Stored data:
▬▬▬▬▬▬
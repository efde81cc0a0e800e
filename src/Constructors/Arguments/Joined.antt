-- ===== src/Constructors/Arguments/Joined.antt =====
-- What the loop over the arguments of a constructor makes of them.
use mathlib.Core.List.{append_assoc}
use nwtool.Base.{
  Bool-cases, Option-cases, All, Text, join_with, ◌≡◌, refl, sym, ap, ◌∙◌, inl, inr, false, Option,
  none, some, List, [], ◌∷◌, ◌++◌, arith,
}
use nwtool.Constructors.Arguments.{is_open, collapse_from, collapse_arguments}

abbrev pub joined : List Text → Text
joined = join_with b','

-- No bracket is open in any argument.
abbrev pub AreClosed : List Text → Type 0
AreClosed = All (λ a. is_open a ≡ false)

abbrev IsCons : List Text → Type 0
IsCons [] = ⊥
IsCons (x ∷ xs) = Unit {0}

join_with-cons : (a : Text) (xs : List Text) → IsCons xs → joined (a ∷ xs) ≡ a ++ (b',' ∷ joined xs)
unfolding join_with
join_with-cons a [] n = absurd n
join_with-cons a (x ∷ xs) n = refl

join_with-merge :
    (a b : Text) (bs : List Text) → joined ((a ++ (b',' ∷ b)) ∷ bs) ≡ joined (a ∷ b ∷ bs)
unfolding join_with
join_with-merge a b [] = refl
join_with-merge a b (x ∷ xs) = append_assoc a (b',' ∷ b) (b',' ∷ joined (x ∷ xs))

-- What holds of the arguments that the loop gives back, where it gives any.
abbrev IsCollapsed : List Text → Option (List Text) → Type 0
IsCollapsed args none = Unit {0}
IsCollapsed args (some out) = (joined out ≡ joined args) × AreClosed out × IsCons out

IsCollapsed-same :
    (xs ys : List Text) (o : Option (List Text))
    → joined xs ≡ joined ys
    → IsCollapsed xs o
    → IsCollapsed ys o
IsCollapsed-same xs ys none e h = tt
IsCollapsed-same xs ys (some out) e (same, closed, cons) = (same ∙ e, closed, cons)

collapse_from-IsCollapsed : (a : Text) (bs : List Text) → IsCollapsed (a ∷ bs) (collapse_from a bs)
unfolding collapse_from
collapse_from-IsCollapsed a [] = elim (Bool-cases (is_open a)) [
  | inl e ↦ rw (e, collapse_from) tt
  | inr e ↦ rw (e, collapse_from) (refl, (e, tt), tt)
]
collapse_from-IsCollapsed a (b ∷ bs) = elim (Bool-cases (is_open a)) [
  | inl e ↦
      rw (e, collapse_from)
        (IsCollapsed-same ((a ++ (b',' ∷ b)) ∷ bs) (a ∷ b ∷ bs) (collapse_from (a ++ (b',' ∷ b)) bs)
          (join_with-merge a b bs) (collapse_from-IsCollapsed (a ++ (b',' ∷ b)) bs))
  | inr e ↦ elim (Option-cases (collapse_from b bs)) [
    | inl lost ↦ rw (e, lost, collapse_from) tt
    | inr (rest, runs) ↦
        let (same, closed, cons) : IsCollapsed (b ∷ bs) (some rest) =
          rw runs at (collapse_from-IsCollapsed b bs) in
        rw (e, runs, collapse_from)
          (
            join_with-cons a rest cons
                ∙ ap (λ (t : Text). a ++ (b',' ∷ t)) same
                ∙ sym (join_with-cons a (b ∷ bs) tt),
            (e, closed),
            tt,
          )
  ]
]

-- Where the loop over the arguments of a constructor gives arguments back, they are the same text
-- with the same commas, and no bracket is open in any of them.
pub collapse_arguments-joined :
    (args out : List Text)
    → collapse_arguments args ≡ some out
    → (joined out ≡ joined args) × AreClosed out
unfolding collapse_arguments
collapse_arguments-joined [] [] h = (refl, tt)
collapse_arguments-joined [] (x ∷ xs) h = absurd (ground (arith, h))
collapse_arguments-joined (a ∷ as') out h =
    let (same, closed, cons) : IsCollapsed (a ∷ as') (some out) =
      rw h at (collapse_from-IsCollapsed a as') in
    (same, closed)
▬▬▬▬▬▬
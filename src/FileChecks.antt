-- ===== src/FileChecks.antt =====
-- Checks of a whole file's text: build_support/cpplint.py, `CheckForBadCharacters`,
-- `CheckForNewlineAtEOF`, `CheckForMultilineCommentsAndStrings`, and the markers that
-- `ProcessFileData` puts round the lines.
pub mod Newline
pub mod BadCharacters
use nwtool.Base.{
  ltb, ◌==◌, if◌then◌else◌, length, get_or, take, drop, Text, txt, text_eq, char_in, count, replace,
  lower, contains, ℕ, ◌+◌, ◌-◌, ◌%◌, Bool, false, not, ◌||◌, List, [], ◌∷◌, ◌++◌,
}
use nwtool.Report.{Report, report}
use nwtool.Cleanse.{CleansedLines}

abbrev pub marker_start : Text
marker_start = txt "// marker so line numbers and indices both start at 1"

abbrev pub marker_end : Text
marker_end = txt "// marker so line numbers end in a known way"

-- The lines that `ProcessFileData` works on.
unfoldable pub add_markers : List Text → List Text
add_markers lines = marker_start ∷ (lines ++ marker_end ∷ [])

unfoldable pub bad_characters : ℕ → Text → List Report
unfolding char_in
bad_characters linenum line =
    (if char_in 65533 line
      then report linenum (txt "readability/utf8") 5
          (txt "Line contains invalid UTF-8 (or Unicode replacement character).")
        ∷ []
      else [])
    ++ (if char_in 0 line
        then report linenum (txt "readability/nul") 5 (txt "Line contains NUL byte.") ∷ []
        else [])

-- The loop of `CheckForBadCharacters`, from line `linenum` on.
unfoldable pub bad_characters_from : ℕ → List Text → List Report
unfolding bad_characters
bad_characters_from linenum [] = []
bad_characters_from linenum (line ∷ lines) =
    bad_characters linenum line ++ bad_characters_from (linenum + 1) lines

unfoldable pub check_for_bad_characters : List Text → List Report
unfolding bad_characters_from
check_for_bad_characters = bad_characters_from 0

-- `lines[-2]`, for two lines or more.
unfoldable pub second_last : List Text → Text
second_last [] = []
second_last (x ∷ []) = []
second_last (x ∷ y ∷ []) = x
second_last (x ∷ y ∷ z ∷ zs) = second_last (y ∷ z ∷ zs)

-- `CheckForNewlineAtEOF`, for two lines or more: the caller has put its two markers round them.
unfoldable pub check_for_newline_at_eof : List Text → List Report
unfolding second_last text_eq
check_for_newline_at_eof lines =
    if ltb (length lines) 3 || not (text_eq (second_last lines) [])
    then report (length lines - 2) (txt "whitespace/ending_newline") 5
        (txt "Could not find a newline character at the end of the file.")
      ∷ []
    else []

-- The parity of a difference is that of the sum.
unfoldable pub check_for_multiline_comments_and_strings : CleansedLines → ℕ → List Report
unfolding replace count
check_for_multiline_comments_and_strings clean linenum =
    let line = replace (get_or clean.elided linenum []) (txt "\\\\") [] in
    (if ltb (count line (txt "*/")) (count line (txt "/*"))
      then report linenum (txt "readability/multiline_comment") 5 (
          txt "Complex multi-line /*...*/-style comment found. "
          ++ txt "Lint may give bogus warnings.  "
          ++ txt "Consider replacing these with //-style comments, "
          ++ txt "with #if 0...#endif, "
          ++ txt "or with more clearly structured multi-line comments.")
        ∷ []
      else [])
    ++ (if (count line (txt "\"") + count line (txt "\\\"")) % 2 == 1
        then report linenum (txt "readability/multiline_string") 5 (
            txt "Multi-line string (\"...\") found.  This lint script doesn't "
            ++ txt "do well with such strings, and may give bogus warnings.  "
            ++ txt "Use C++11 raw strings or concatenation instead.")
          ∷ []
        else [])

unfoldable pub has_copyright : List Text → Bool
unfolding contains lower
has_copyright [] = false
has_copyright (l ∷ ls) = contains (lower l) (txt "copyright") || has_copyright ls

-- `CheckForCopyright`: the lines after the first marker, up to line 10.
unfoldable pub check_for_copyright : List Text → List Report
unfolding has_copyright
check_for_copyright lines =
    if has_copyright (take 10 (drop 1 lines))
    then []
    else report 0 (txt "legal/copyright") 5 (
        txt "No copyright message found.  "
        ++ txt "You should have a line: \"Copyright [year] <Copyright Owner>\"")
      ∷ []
▬▬▬▬▬▬
_Aim of the exercise_
The required output is the stretch of entries above from the line containing "IsCollapsed xs o" through the line containing "collapse_from-IsCollapsed a []", reproduced exactly.

_Response_
    → IsCollapsed xs o
    → IsCollapsed ys o
IsCollapsed-same xs ys none e h = tt
IsCollapsed-same xs ys (some out) e (same, closed, cons) = (same ∙ e, closed, cons)

collapse_from-IsCollapsed : (a : Text) (bs : List Text) → IsCollapsed (a ∷ bs) (collapse_from a bs)
unfolding collapse_from
collapse_from-IsCollapsed a [] = elim (Bool-cases (is_open a)) [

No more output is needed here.